Exercise prompt |
When the word "then" shows up in a line of the data below, copy that whole line.

[Stored data]
····················

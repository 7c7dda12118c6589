-- ===== src/Translation/Finalise/Reference.antt =====
-- What `Finalise` is to return, without its loops.
pub mod Links
pub mod Loop
use mathlib.Core.List.{map}
use reil.Base.{ℕ, suc, ◌≡◌, ◌⊎◌, Option, none, some, List, [], ◌∷◌, ◌==◌, if◌then◌else◌, u16}
use reil.Instruction.{Instruction, offset}
use reil.Translation.Finalise.{is_jcc, label_of, placed_label}

-- The offset of the place that is marked by a label: `i` and the instructions ahead of the place,
-- without those that mark places. The first mark counts.
unfoldable pub place_from : ℕ → ℕ → List Instruction → Option ℕ
place_from i index [] = none
place_from i index (ri ∷ rest) =
    let plain = place_from (suc i) index rest in
    let behind = place_from i index rest in
    elim (placed_label ri) [ none ↦ plain | some l ↦ if l == index then some i else behind ]

-- A jump to a label goes to the offset of its place, if it has one.
unfoldable pub link : (ℕ → Option ℕ) → Instruction → Instruction
link place rj =
    if is_jcc rj.opcode
    then elim (label_of rj.output) [
      | none ↦ rj
      | some l ↦ elim (place l) [ none ↦ rj | some i ↦ record rj { output = offset (u16 i) } ]
    ]
    else rj

-- The instructions that mark places are left out, but for one at the end.
unfoldable pub kept : List Instruction → List Instruction
kept [] = []
kept (ri ∷ []) = ri ∷ []
kept (ri ∷ next ∷ rest) =
    let behind = kept (next ∷ rest) in
    elim (placed_label ri) [ none ↦ ri ∷ behind | some l ↦ behind ]

-- Every jump to a label that is placed is linked to the place.
abbrev pub finalised : List Instruction → List Instruction
finalised l = map (link (λ index. place_from 0 index l)) (kept l)

-- The next instruction marks no place.
abbrev pub NoLabel : List Instruction → Type 0
NoLabel [] = Unit
NoLabel (ri ∷ rest) = placed_label ri ≡ none

-- No instruction that marks a place stands right behind another.
abbrev pub IsSpaced : List Instruction → Type 0
IsSpaced [] = Unit
IsSpaced (ri ∷ rest) = ((placed_label ri ≡ none) ⊎ NoLabel rest) × IsSpaced rest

····················

Your solution |
use reil.Base.{ℕ, suc, ◌≡◌, ◌⊎◌, Option, none, some, List, [], ◌∷◌, ◌==◌, if◌then◌else◌, u16}
    elim (placed_label ri) [ none ↦ plain | some l ↦ if l == index then some i else behind ]
    then elim (label_of rj.output) [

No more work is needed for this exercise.